In a statement on Friday, the Securities and Exchange Commission said it had temporarily halted trading at 15 companies over fears their stock prices had been artificially inflated.

“We proactively monitor suspicious business activity related to stock market promotions on social media, and act quickly to stop such transactions where appropriate to protect the public interest,” said Melissa Hodgman, Acting Director of the Business Unit. SEC enforcement.

The SEC crackdown adds to the fallout from GameStop Corp.’s frenzy, in which an army of day traders has banded together to drive long-overlooked actions to the stratosphere. The regulator has consistently sought to remove dying companies from stock exchanges because it fears retail investors may suffer losses, but that effort has accelerated amid this year’s wild trading.

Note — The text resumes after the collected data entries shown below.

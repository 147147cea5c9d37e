-- ===== src/Storage/LogMemory/Files.antt =====
-- storage/log_memory.go: the log on disk, and back.
pub mod Stretch
pub mod RoundTrip
pub mod Termination
use raft_based_distributed_l.Storage.LogEntry.Frames.{log_reload}
use raft_based_distributed_l.Storage.LogMemory.{insert, fetch_log_entry, LogMemory}
use raft_based_distributed_l.Storage.Codec.{Codec}
use raft_based_distributed_l.Prelude.{
  Bool, ◌-◌, ◌+◌, ltb, length, ◌||◌, ◌==◌, if◌then◌else◌, Option, ℕ, Bytes, none, some, zero, suc,
  [], ◌∷◌, inl, inr,
}
use raft_based_distributed_l.Exec.{Error, lift, Result, Exec, ok, err, io_eof}
use raft_based_distributed_l.Storage.LogMemory.{insert}
use raft_based_distributed_l.Prelude.{true, false}
use raft_based_distributed_l.Exec.{◌>>=◌}
use raft_based_distributed_l.Storage.LogEntry.Frames.{log_store}

-- The indexes from `i` on, one for each round. The index of the last round is not the largest
-- uint64, at which the loop would wrap.
unfoldable pub store_loop :
    {W : Type 0} → Codec → (Bytes → Exec W ℕ) → LogMemory → ℕ → ℕ → ℕ → Exec W ℕ
store_loop codec write lm zero i total w = (ok total, w)
store_loop codec write lm (suc rounds) i total w =
    (lift (fetch_log_entry lm i) >>= λ entry.
    log_store codec write entry >>= λ n. store_loop codec write lm rounds (i + 1) (total + n))
      w

unfoldable pub store_log_memory :
    {W : Type 0} → Codec → (Bytes → Exec W ℕ) → ℕ → ℕ → LogMemory → Exec W ℕ
store_log_memory codec write start end lm w =
    if start == 0
      || end == 0
      || ltb lm.maximum_index start
      || ltb lm.maximum_index end
      || ltb end start
    then (err Error.log_store, w)
    else store_loop codec write lm (end + 1 - start) start 0 w

abbrev pub is_eof : Error → Bool
is_eof io_eof = true
is_eof _ = false

-- Until the end of the file; `none` is out of fuel. The count beside an error is not modelled.
unfoldable pub reload_loop : Codec → ℕ → Bytes → ℕ → LogMemory → Option (Result ℕ × LogMemory)
reload_loop codec zero reader total lm = none
reload_loop codec (suc fuel) reader total lm = elim (log_reload codec reader) [
  | err e ↦ some (if is_eof e then ok total else err e, lm)
  | ok (le, n, rest) ↦ reload_loop codec fuel rest (total + n) (insert le lm)
]

-- Each round reads a byte at least.
unfoldable pub reload_log_memory : Codec → Bytes → LogMemory → Option (Result ℕ × LogMemory)
reload_log_memory codec reader = reload_loop codec (suc (length reader)) reader 0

In Friday’s action, regulators are venturing further into one of the noisiest parts of the market, targeting penny stocks dragged into price and volume frenzies by relentless social media pumping. Frantic trading, often at non-profit companies, on lightly regulated broker networks is perhaps the most extreme example of speculative excess in the 2021 market, a landscape that has also included the cryptocurrency surge. and the craze for special purpose acquisition companies.

Two weeks ago, the SEC suspended trading in SpectraScience Inc. – a company that had jumped from 633% in 2021 to just over two-tenths of a cent before the shutdown. The SEC order noted that while the company has not filed reports in years and its phone number is not working, “social media accounts may be engaged in a coordinated attempt to influence artificially.” the course of its action. SpectraScience volume topped 3.5 billion shares in a single day at the end of January as the share jumped 167%.

None of the companies suspended on Friday have filed information with the SEC for more than a year. Under federal securities laws, the SEC can ban trading for 10 days and prohibit a broker from soliciting investors to buy or resell shares until certain reporting requirements are met.